During the next four months, using Damascus as his headquarters, he traveled in rural Syria, parts of the Sinai Peninsula under British control, and southward to near Medina. Dressed like a Bedouin, carrying a considerable supply of money, and accompanied by Prüfer, he stopped in cities, villages, and oases, preaching an inflammatory pan-Islamism and hatred for Christians, especially the British. But his exhortation did little to impress his Arab listeners, nor did the fact that Oppenheim had once been Jewish and that he represented a Christian state. Also his activities fell under the watchful and suspicious eyes of the Ottomans, who disapproved of his mission. Indeed, between the Germans and Ottomans tension and disagreements at nearly every political and military level grew steadily. In Syria, Jemal Pasha, the Young Turk governor of the province and commander of the Ottoman 4th Army, made Oppenheim’s task of rescuing the floundering jihad even more difficult. Jemal began to suspect an anti-Turkish conspiracy among local Arab nationalists. He changed his policy toward them from one of conciliation and appeasement to repression, executing eleven nationalists and sentencing another forty-five to death in absentia. Also he removed Arab military units from Syria, replacing them with Turkish forces.
The British, for their part, had received reports that friction existed between their enemies. In May 1915 Cairo learned of Oppenheim’s mission, but the Residency apparently knew nothing of his meetings with Faysal. Other information arrived in Cairo alleging that Oppenheim, along with German consular officials in Haifa, Aleppo, and northern Syria, encouraged the Ottoman massacre of Armenians.
A Sense of Crisis
By the fall of 1915, the belief spread among British leaders that Britain stood at a critical point in the war in the Middle East. British forces suffered continued military defeat on Gallipoli and in Mesopotamia, and the political crises on the borders of both Egypt and India, inspired by German and Turkish agents, reached their peak. An attack in November by the Shaykh al-Sanussi on British outposts in western Egypt coincided with the arrival of German officials in Afghanistan and with the zenith of German-Ottoman anti-British agitation in Persia.

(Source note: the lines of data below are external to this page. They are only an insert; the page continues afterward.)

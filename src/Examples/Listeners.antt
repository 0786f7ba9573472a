-- ===== src/Examples/Listeners.antt =====
-- The listeners, at concrete inputs.
use point_c.Base.{
  ◌≡◌, ◌↔◌, refl, [], ◌∷◌, codes, some, none, true, false, GoError, Option, new, net_closed, All,
}
use point_c.ChannelListener
use point_c.ChannelListener.{
  Channel, Listener, call_close, run, here, next, swapping, close_with_err,
}
use point_c.ChannelListener.Closing
use point_c.MultiWrapper.{MultiWrapper, ListenerId, cleanup, zero_wrapper}
use point_c.MultiWrapper.Listen
use point_c.MultiWrapper.Listen.{accepts, accepting}
use point_c.MultiWrapper.Cleanup
use point_c.MultiWrapper.Cleanup.{goroutines}

abbrev channel : Channel
channel = record { waiting = 4 ∷ []; closed = false }

abbrev called : ChannelListener.System
called = record {
  listener = ChannelListener.new_listener channel;
  threads = close_with_err none ∷ [];
}

abbrev ran : ChannelListener.System
ran = record {
  listener = (ChannelListener.step true called.listener (close_with_err none)).0;
  threads = (ChannelListener.step true called.listener (close_with_err none)).1 ∷ [];
}

reached : ChannelListener.Reach (ChannelListener.initial channel) ran
reached = next (next here (call_close none called refl)) (run true [] [] _ ran refl refl)

closed_run : ran.listener.close_err ≡ some net_closed
unfolding close_with_err ChannelListener.step ChannelListener.new_listener
closed_run = refl

Reach-IsSound_example : Closing.IsSound ran
Reach-IsSound_example = Closing.Reach-IsSound channel ran reached

abbrev accepted : Listen.System
accepted = record {
  shared = (Listen.listen_step (accepts 9) (Listen.initial (1 ∷ 2 ∷ [])).shared (accepting 1)).0;
  workers =
      (Listen.listen_step (accepts 9) (Listen.initial (1 ∷ 2 ∷ [])).shared (accepting 1)).1
      ∷ accepting 2
      ∷ [];
}

Reach-IsConserving_example : Listen.IsConserving accepted
Reach-IsConserving_example =
    Listen.Reach-IsConserving (1 ∷ 2 ∷ []) accepted (
      Listen.next Listen.here
        (Listen.run (accepts 9) [] (accepting 2 ∷ []) (accepting 1) refl refl))

abbrev wrapper : MultiWrapper
wrapper = record { listener_raw = some (codes "{}" ∷ []); listeners = 1 ∷ 2 ∷ []; conns = true }

abbrev close_listener : ListenerId → Option GoError
close_listener l = some (new "busy")

cleanup-wrapper :
    ((cleanup close_listener wrapper).0 ≡ zero_wrapper)
    × ((cleanup close_listener wrapper).1 ≡ 1 ∷ 2 ∷ [])
    × (((cleanup close_listener wrapper).2 ≡ none)
        ↔ All (λ l. close_listener l ≡ none) (1 ∷ 2 ∷ []))
cleanup-wrapper = Cleanup.cleanup_lem close_listener wrapper
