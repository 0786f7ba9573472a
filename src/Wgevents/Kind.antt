-- ===== src/Wgevents/Kind.antt =====
-- pkg/wg/wglog/wgevents/events_generate.go: the events, with the format, the argument types and the
-- logger function of each.

-- The types that arguments are asserted to.
pub data ArgType : Type 0 where
  error_type int_type string_type peer_type uint32_type timestamp_type stringer_type : ArgType

-- The event structs.
pub data EventKind : Type 0 where
  event_assuming_default_mtu : EventKind
  event_bind_close_failed : EventKind
  event_bind_updated : EventKind
  event_cookie_response_invalid : EventKind
  event_create_cookie_reply_failed : EventKind
  event_create_initiation_message_failed : EventKind
  event_create_response_message_failed : EventKind
  event_decode_cookie_reply_failed : EventKind
  event_decryption_worker_stopped : EventKind
  event_derive_keypair_failed : EventKind
  event_device_closed : EventKind
  event_device_closing : EventKind
  event_dropped_packets_from_multi_segment_read : EventKind
  event_event_worker_started : EventKind
  event_event_worker_stopped : EventKind
  event_handshake_did_not_complete : EventKind
  event_handshake_flood : EventKind
  event_handshake_replay : EventKind
  event_handshake_send_failed : EventKind
  event_ipv4_packet_disallowed : EventKind
  event_ipv6_packet_disallowed : EventKind
  event_initiation_message_decode_failed : EventKind
  event_interface_close_ignore_requested_state : EventKind
  event_interface_down_requested : EventKind
  event_interface_state_changed : EventKind
  event_interface_up_requested : EventKind
  event_invalid_mac1 : EventKind
  event_invalid_operation : EventKind
  event_invalid_packet_in_handshake_queue : EventKind
  event_load_mtu_failed : EventKind
  event_mtu_too_large : EventKind
  event_mtu_updated : EventKind
  event_message_unknown_type : EventKind
  event_negative_mtu : EventKind
  event_packet_data_send_failed : EventKind
  event_packet_i_p_version_invalid : EventKind
  event_packet_i_p_version_unknown : EventKind
  event_packet_receive_failed : EventKind
  event_peer_starting : EventKind
  event_peer_stopping : EventKind
  event_received_handshake_initiation : EventKind
  event_received_handshake_response : EventKind
  event_received_invalid_initiation : EventKind
  event_received_invalid_response : EventKind
  event_receiving_cookie_response : EventKind
  event_receiving_keepalive_packet : EventKind
  event_removing_all_keys : EventKind
  event_response_message_decode_failed : EventKind
  event_retrying_handshake : EventKind
  event_retrying_handshake_no_response : EventKind
  event_send_cookie_denied : EventKind
  event_send_handshake_initiation_failed : EventKind
  event_sending_handshake_initiation : EventKind
  event_sending_handshake_response : EventKind
  event_sending_keepalive_packet : EventKind
  event_sequential_reader_stopped : EventKind
  event_sequential_receiver_started : EventKind
  event_sequential_receiver_stopped : EventKind
  event_sequential_sender_started : EventKind
  event_started_decryption_worker : EventKind
  event_started_encryption_worker : EventKind
  event_started_handshake_worker : EventKind
  event_started_receiving_incoming : EventKind
  event_stopped_encryption_worker : EventKind
  event_stopped_handshake_worker : EventKind
  event_stopped_receiving_incoming : EventKind
  event_tun_reader_started : EventKind
  event_tun_reader_stopped : EventKind
  event_tun_write_failed : EventKind
  event_tun_packet_read_failed : EventKind
  event_uapi_adding_allowed_i_p : EventKind
  event_uapi_created : EventKind
  event_uapi_removing_all_allowed_i_ps : EventKind
  event_uapi_removing_all_peers : EventKind
  event_uapi_removing_peer : EventKind
  event_uapi_updating_endpoint : EventKind
  event_uapi_updating_f_w_mark : EventKind
  event_uapi_updating_listen_port : EventKind
  event_uapi_updating_persistent_keepalive : EventKind
  event_uapi_updating_preshared_key : EventKind
  event_uapi_updating_private_key : EventKind
  event_udp_gso_disabled : EventKind
  event_update_bind : EventKind
  event_value : EventKind
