-- ===== src/Wgevents/Format.antt =====
-- pkg/wg/wglog/wgevents/events_generate.go: the methods of the events and the cases of the two
-- logger functions.
use point_c.Base.{List, [], ◌∷◌, Bytes, codes}
use point_c.Wgevents.Kind.{
  ArgType, error_type, int_type, string_type, peer_type, uint32_type, timestamp_type, stringer_type,
  EventKind, event_assuming_default_mtu, event_bind_close_failed, event_bind_updated,
  event_cookie_response_invalid, event_create_cookie_reply_failed,
  event_create_initiation_message_failed, event_create_response_message_failed,
  event_decode_cookie_reply_failed, event_decryption_worker_stopped, event_derive_keypair_failed,
  event_device_closed, event_device_closing, event_dropped_packets_from_multi_segment_read,
  event_event_worker_started, event_event_worker_stopped, event_handshake_did_not_complete,
  event_handshake_flood, event_handshake_replay, event_handshake_send_failed,
  event_ipv4_packet_disallowed, event_ipv6_packet_disallowed,
  event_initiation_message_decode_failed, event_interface_close_ignore_requested_state,
  event_interface_down_requested, event_interface_state_changed, event_interface_up_requested,
  event_invalid_mac1, event_invalid_operation, event_invalid_packet_in_handshake_queue,
  event_load_mtu_failed, event_mtu_too_large, event_mtu_updated, event_message_unknown_type,
  event_negative_mtu, event_packet_data_send_failed, event_packet_i_p_version_invalid,
  event_packet_i_p_version_unknown, event_packet_receive_failed, event_peer_starting,
  event_peer_stopping, event_received_handshake_initiation, event_received_handshake_response,
  event_received_invalid_initiation, event_received_invalid_response,
  event_receiving_cookie_response, event_receiving_keepalive_packet, event_removing_all_keys,
  event_response_message_decode_failed, event_retrying_handshake,
  event_retrying_handshake_no_response, event_send_cookie_denied,
  event_send_handshake_initiation_failed, event_sending_handshake_initiation,
  event_sending_handshake_response, event_sending_keepalive_packet, event_sequential_reader_stopped,
  event_sequential_receiver_started, event_sequential_receiver_stopped,
  event_sequential_sender_started, event_started_decryption_worker, event_started_encryption_worker,
  event_started_handshake_worker, event_started_receiving_incoming, event_stopped_encryption_worker,
  event_stopped_handshake_worker, event_stopped_receiving_incoming, event_tun_reader_started,
  event_tun_reader_stopped, event_tun_write_failed, event_tun_packet_read_failed,
  event_uapi_adding_allowed_i_p, event_uapi_created, event_uapi_removing_all_allowed_i_ps,
  event_uapi_removing_all_peers, event_uapi_removing_peer, event_uapi_updating_endpoint,
  event_uapi_updating_f_w_mark, event_uapi_updating_listen_port,
  event_uapi_updating_persistent_keepalive, event_uapi_updating_preshared_key,
  event_uapi_updating_private_key, event_udp_gso_disabled, event_update_bind, event_value,
}

-- The method `Format` of each.
unfoldable pub event_format : EventKind → Bytes
event_format event_assuming_default_mtu = codes "Trouble determining MTU, assuming default: %v"
event_format event_bind_close_failed = codes "Bind close failed: %v"
event_format event_bind_updated = codes "UDP bind has been updated"
event_format event_cookie_response_invalid = codes "Could not decrypt invalid cookie response"
event_format event_create_cookie_reply_failed = codes "Failed to create cookie reply: %v"
event_format event_create_initiation_message_failed =
    codes "%v - Failed to create initiation message: %v"
event_format event_create_response_message_failed =
    codes "%v - Failed to create response message: %v"
event_format event_decode_cookie_reply_failed = codes "Failed to decode cookie reply"
event_format event_decryption_worker_stopped = codes "Routine: decryption worker %d - stopped"
event_format event_derive_keypair_failed = codes "%v - Failed to derive keypair: %v"
event_format event_device_closed = codes "Device closed"
event_format event_device_closing = codes "Device closing"
event_format event_dropped_packets_from_multi_segment_read =
    codes "Dropped some packets from multi-segment read: %v"
event_format event_event_worker_started = codes "Routine: event worker - started"
event_format event_event_worker_stopped = codes "Routine: event worker - stopped"
event_format event_handshake_did_not_complete =
    codes "%s - Handshake did not complete after %d attempts, giving up"
event_format event_handshake_flood = codes "%v - ConsumeMessageInitiation: handshake flood"
event_format event_handshake_replay = codes "%v - ConsumeMessageInitiation: handshake replay @ %v"
event_format event_handshake_send_failed = codes "%v - Failed to send handshake response: %v"
event_format event_ipv4_packet_disallowed =
    codes "IPv4 packet with disallowed source address from %v"
event_format event_ipv6_packet_disallowed =
    codes "IPv6 packet with disallowed source address from %v"
event_format event_initiation_message_decode_failed = codes "Failed to decode initiation message"
event_format event_interface_close_ignore_requested_state =
    codes "Interface closed, ignored requested state %s"
event_format event_interface_down_requested = codes "Interface down requested"
event_format event_interface_state_changed = codes "Interface state was %s, requested %s, now %s"
event_format event_interface_up_requested = codes "Interface up requested"
event_format event_invalid_mac1 = codes "Received packet with invalid mac1"
event_format event_invalid_operation = codes "invalid UAPI operation: %v"
event_format event_invalid_packet_in_handshake_queue =
    codes "Invalid packet ended up in the handshake queue"
event_format event_load_mtu_failed = codes "Failed to load updated MTU of device: %v"
event_format event_mtu_too_large = codes "MTU updated: %v (too large, capped at %v)"
event_format event_mtu_updated = codes "MTU updated: %v"
event_format event_message_unknown_type = codes "Received message with unknown type"
event_format event_negative_mtu = codes "MTU not updated to negative value: %v"
event_format event_packet_data_send_failed = codes "%v - Failed to send data packets: %v"
event_format event_packet_i_p_version_invalid = codes "Packet with invalid IP version from %v"
event_format event_packet_i_p_version_unknown = codes "Received packet with unknown IP version"
event_format event_packet_receive_failed = codes "Failed to receive %s packet: %v"
event_format event_peer_starting = codes "%v - Starting"
event_format event_peer_stopping = codes "%v - Stopping"
event_format event_received_handshake_initiation = codes "%v - Received handshake initiation"
event_format event_received_handshake_response = codes "%v - Received handshake response"
event_format event_received_invalid_initiation = codes "Received invalid initiation message from %s"
event_format event_received_invalid_response = codes "Received invalid response message from %s"
event_format event_receiving_cookie_response = codes "Receiving cookie response from %s"
event_format event_receiving_keepalive_packet = codes "%v - Receiving keepalive packet"
event_format event_removing_all_keys =
    codes "%s - Removing all keys, since we haven't received a new one in %d seconds"
event_format event_response_message_decode_failed = codes "Failed to decode response message"
event_format event_retrying_handshake =
    codes "%s - Handshake did not complete after %d seconds, retrying (try %d)"
event_format event_retrying_handshake_no_response =
    codes "%s - Retrying handshake because we stopped hearing back after %d seconds"
event_format event_send_cookie_denied =
    codes "Sending cookie response for denied handshake message for %v"
event_format event_send_handshake_initiation_failed =
    codes "%v - Failed to send handshake initiation: %v"
event_format event_sending_handshake_initiation = codes "%v - Sending handshake initiation"
event_format event_sending_handshake_response = codes "%v - Sending handshake response"
event_format event_sending_keepalive_packet = codes "%v - Sending keepalive packet"
event_format event_sequential_reader_stopped = codes "%v - Routine: sequential sender - stopped"
event_format event_sequential_receiver_started = codes "%v - Routine: sequential receiver - started"
event_format event_sequential_receiver_stopped = codes "%v - Routine: sequential receiver - stopped"
event_format event_sequential_sender_started = codes "%v - Routine: sequential sender - started"
event_format event_started_decryption_worker = codes "Routine: decryption worker %d - started"
event_format event_started_encryption_worker = codes "Routine: encryption worker %d - started"
event_format event_started_handshake_worker = codes "Routine: handshake worker %d - started"
event_format event_started_receiving_incoming = codes "Routine: receive incoming %s - stopped"
event_format event_stopped_encryption_worker = codes "Routine: encryption worker %d - stopped"
event_format event_stopped_handshake_worker = codes "Routine: handshake worker %d - stopped"
event_format event_stopped_receiving_incoming = codes "Routine: receive incoming %s - started"
event_format event_tun_reader_started = codes "Routine: TUN reader - started"
event_format event_tun_reader_stopped = codes "Routine: TUN reader - stopped"
event_format event_tun_write_failed = codes "Failed to write packets to TUN device: %v"
event_format event_tun_packet_read_failed = codes "Failed to read packet from TUN device: %v"
event_format event_uapi_adding_allowed_i_p = codes "%v - UAPI: Adding allowedip"
event_format event_uapi_created = codes "%v - UAPI: Created"
event_format event_uapi_removing_all_allowed_i_ps = codes "%v - UAPI: Removing all allowedips"
event_format event_uapi_removing_all_peers = codes "UAPI: Removing all peers"
event_format event_uapi_removing_peer = codes "%v - UAPI: Removing"
event_format event_uapi_updating_endpoint = codes "%v - UAPI: Updating endpoint"
event_format event_uapi_updating_f_w_mark = codes "UAPI: Updating fwmark"
event_format event_uapi_updating_listen_port = codes "UAPI: Updating listen port"
event_format event_uapi_updating_persistent_keepalive =
    codes "%v - UAPI: Updating persistent keepalive interval"
event_format event_uapi_updating_preshared_key = codes "%v - UAPI: Updating preshared key"
event_format event_uapi_updating_private_key = codes "UAPI: Updating private key"
event_format event_udp_gso_disabled =
    codes "disabled UDP GSO on %s, NIC(s) may not support checksum offload"
event_format event_update_bind = codes "Unable to update bind: %v"
event_format event_value = codes "%v"

-- The types of the fields of each, in the order of `Args`.
abbrev pub arg_types : EventKind → List ArgType
arg_types event_assuming_default_mtu = error_type ∷ []
arg_types event_bind_close_failed = error_type ∷ []
arg_types event_bind_updated = []
arg_types event_cookie_response_invalid = []
arg_types event_create_cookie_reply_failed = error_type ∷ []
arg_types event_create_initiation_message_failed = peer_type ∷ error_type ∷ []
arg_types event_create_response_message_failed = peer_type ∷ error_type ∷ []
arg_types event_decode_cookie_reply_failed = []
arg_types event_decryption_worker_stopped = int_type ∷ []
arg_types event_derive_keypair_failed = peer_type ∷ error_type ∷ []
arg_types event_device_closed = []
arg_types event_device_closing = []
arg_types event_dropped_packets_from_multi_segment_read = error_type ∷ []
arg_types event_event_worker_started = []
arg_types event_event_worker_stopped = []
arg_types event_handshake_did_not_complete = peer_type ∷ int_type ∷ []
arg_types event_handshake_flood = peer_type ∷ []
arg_types event_handshake_replay = peer_type ∷ timestamp_type ∷ []
arg_types event_handshake_send_failed = peer_type ∷ error_type ∷ []
arg_types event_ipv4_packet_disallowed = peer_type ∷ []
arg_types event_ipv6_packet_disallowed = peer_type ∷ []
arg_types event_initiation_message_decode_failed = []
arg_types event_interface_close_ignore_requested_state = stringer_type ∷ []
arg_types event_interface_down_requested = []
arg_types event_interface_state_changed = stringer_type ∷ stringer_type ∷ stringer_type ∷ []
arg_types event_interface_up_requested = []
arg_types event_invalid_mac1 = []
arg_types event_invalid_operation = string_type ∷ []
arg_types event_invalid_packet_in_handshake_queue = []
arg_types event_load_mtu_failed = error_type ∷ []
arg_types event_mtu_too_large = int_type ∷ int_type ∷ []
arg_types event_mtu_updated = int_type ∷ []
arg_types event_message_unknown_type = []
arg_types event_negative_mtu = int_type ∷ []
arg_types event_packet_data_send_failed = peer_type ∷ error_type ∷ []
arg_types event_packet_i_p_version_invalid = peer_type ∷ []
arg_types event_packet_i_p_version_unknown = []
arg_types event_packet_receive_failed = string_type ∷ error_type ∷ []
arg_types event_peer_starting = peer_type ∷ []
arg_types event_peer_stopping = peer_type ∷ []
arg_types event_received_handshake_initiation = peer_type ∷ []
arg_types event_received_handshake_response = peer_type ∷ []
arg_types event_received_invalid_initiation = string_type ∷ []
arg_types event_received_invalid_response = string_type ∷ []
arg_types event_receiving_cookie_response = string_type ∷ []
arg_types event_receiving_keepalive_packet = peer_type ∷ []
arg_types event_removing_all_keys = peer_type ∷ int_type ∷ []
arg_types event_response_message_decode_failed = []
arg_types event_retrying_handshake = peer_type ∷ int_type ∷ uint32_type ∷ []
arg_types event_retrying_handshake_no_response = peer_type ∷ int_type ∷ []
arg_types event_send_cookie_denied = string_type ∷ []
arg_types event_send_handshake_initiation_failed = peer_type ∷ error_type ∷ []
arg_types event_sending_handshake_initiation = peer_type ∷ []
arg_types event_sending_handshake_response = peer_type ∷ []
arg_types event_sending_keepalive_packet = peer_type ∷ []
arg_types event_sequential_reader_stopped = peer_type ∷ []
arg_types event_sequential_receiver_started = peer_type ∷ []
arg_types event_sequential_receiver_stopped = peer_type ∷ []
arg_types event_sequential_sender_started = peer_type ∷ []
arg_types event_started_decryption_worker = int_type ∷ []
arg_types event_started_encryption_worker = int_type ∷ []
arg_types event_started_handshake_worker = int_type ∷ []
arg_types event_started_receiving_incoming = string_type ∷ []
arg_types event_stopped_encryption_worker = int_type ∷ []
arg_types event_stopped_handshake_worker = int_type ∷ []
arg_types event_stopped_receiving_incoming = string_type ∷ []
arg_types event_tun_reader_started = []
arg_types event_tun_reader_stopped = []
arg_types event_tun_write_failed = error_type ∷ []
arg_types event_tun_packet_read_failed = error_type ∷ []
arg_types event_uapi_adding_allowed_i_p = peer_type ∷ []
arg_types event_uapi_created = peer_type ∷ []
arg_types event_uapi_removing_all_allowed_i_ps = peer_type ∷ []
arg_types event_uapi_removing_all_peers = []
arg_types event_uapi_removing_peer = peer_type ∷ []
arg_types event_uapi_updating_endpoint = peer_type ∷ []
arg_types event_uapi_updating_f_w_mark = []
arg_types event_uapi_updating_listen_port = []
arg_types event_uapi_updating_persistent_keepalive = peer_type ∷ []
arg_types event_uapi_updating_preshared_key = peer_type ∷ []
arg_types event_uapi_updating_private_key = []
arg_types event_udp_gso_disabled = string_type ∷ []
arg_types event_update_bind = error_type ∷ []
arg_types event_value = error_type ∷ []
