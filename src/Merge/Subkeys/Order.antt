-- ===== src/Merge/Subkeys/Order.antt =====
-- What merging keeps: the order by hash, and the references.
use hivekit.Common.{ℕ, ◌≤◌, ◌≡◌, refl, arith, List, [], ◌∷◌, Bool, false, not, ◌&&◌, ◌||◌, ◌==◌}
use hivekit.Merge.Cells.{RawEntry}
use hivekit.Merge.Subkeys.{merge_at, merge_sorted_raw_entries, filter_deleted}

-- The hashes go up from `lo` on.
abbrev pub Ascending : ℕ → List RawEntry → Type 0
Ascending lo [] = Unit {0}
Ascending lo (e ∷ es) = (lo ≤ e.hash) × Ascending e.hash es

Ascending-le : (lo hi : ℕ) (es : List RawEntry) → lo ≤ hi → Ascending hi es → Ascending lo es
Ascending-le lo hi [] h a = tt
Ascending-le lo hi (e ∷ es) h (p, a) = (omega arith, a)

module _ (deleted : ℕ → Bool) (o : RawEntry) (old : List RawEntry)
    (rest : List RawEntry → List RawEntry)
    (kept : (lo : ℕ) (new : List RawEntry)
      → Ascending lo old
      → Ascending lo new
      → Ascending lo (rest new)) where
  merge_at-Ascending :
      (lo : ℕ) (new : List RawEntry)
      → lo ≤ o.hash
      → Ascending o.hash old
      → Ascending lo new
      → Ascending lo (merge_at deleted o rest new)
  unfolding merge_at
  merge_at-Ascending lo [] h a b =
      ground (arith, kept lo [] (Ascending-le lo o.hash old h a) tt, kept o.hash [] a tt)
  merge_at-Ascending lo (n ∷ new) h a (p, b) = ground (
    arith,
    kept lo (n ∷ new) (Ascending-le lo o.hash old h a) (p, b),
    kept o.hash (n ∷ new) a,
    merge_at-Ascending n.hash new,
    kept n.hash new,
    Ascending-le n.hash o.hash old,
  )

-- Merging raw entries that are sorted by hash gives entries sorted by hash, whatever is deleted.
merge_sorted_raw_entries-Ascending :
    (deleted : ℕ → Bool) (old new : List RawEntry) (lo : ℕ)
    → Ascending lo old
    → Ascending lo new
    → Ascending lo (merge_sorted_raw_entries deleted old new)
unfolding merge_sorted_raw_entries
merge_sorted_raw_entries-Ascending deleted [] new lo a b = b
merge_sorted_raw_entries-Ascending deleted (o ∷ old) new lo (p, a) b =
    merge_at-Ascending deleted o old (merge_sorted_raw_entries deleted old)
      (λ lo' new' a' b'. merge_sorted_raw_entries-Ascending deleted old new' lo' a' b') lo new p a b

has_ref : ℕ → List RawEntry → Bool
has_ref r [] = false
has_ref r (e ∷ es) = (e.nk_ref == r) || has_ref r es

merge_at-has_ref :
    (deleted : ℕ → Bool) (o : RawEntry) (old : List RawEntry) (rest : List RawEntry → List RawEntry)
    (r : ℕ) (new : List RawEntry)
    → ((new : List RawEntry) → has_ref r (rest new) ≡ has_ref r old || has_ref r new)
    → has_ref r (merge_at deleted o rest new)
      ≡ ((not (deleted o.nk_ref) && (o.nk_ref == r)) || has_ref r old) || has_ref r new
unfolding merge_at has_ref
merge_at-has_ref deleted o old rest r [] h = ground (arith, h [])
merge_at-has_ref deleted o old rest r (n ∷ new) h =
    ground (arith, h (n ∷ new), h new, merge_at-has_ref deleted o old rest r new h)

-- A reference is among the merged raw entries exactly when it is among the new ones or among the
-- old ones that are not deleted: merging loses no reference and brings in none.
has_ref-merge_sorted_raw_entries :
    (deleted : ℕ → Bool) (old new : List RawEntry) (r : ℕ)
    → has_ref r (merge_sorted_raw_entries deleted old new)
      ≡ has_ref r (filter_deleted deleted old) || has_ref r new
unfolding merge_sorted_raw_entries has_ref filter_deleted
has_ref-merge_sorted_raw_entries deleted [] new r = refl
has_ref-merge_sorted_raw_entries deleted (o ∷ old) new r = ground (
  arith,
  merge_at-has_ref deleted o (filter_deleted deleted old) (merge_sorted_raw_entries deleted old) r
      new (λ new'. has_ref-merge_sorted_raw_entries deleted old new' r),
)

A feeling of urgency gripped key officials in Cairo and London, confirming them in the belief that the Ottoman Empire must not survive in its present form. But in 1915 Britain had to take into account its European allies’ interests in the Middle East as well as its own. In March, London and Paris had concluded the Constantinople Agreement with Russia; it promised the Black Sea straits and the Turkish capital to the Russians in the event of an Allied victory. But the crucial step toward breaking up the Ottoman Empire involved the British government, acting through Sir Henry McMahon, the High Commissioner in Egypt, agreeing in October to the Sharif of Mecca’s demand that Britain support Arab independence from the Turks in Arabia, Mesopotamia, and much of Syria.
According to the agreement and to subsequent exchanges of messages, Cairo and London encouraged Husayn to raise an Arab revolt against the Turks, which Kitchener and the sharif’s son, Abdullah, had discussed during the fall of 1914. Husayn, with his unique position in the Islamic world as guardian of the holy places, and his relative independence, was not only the obvious person to lead an Arab rebellion but also the one who could best counter the effect of the sultan-caliph’s call to jihad.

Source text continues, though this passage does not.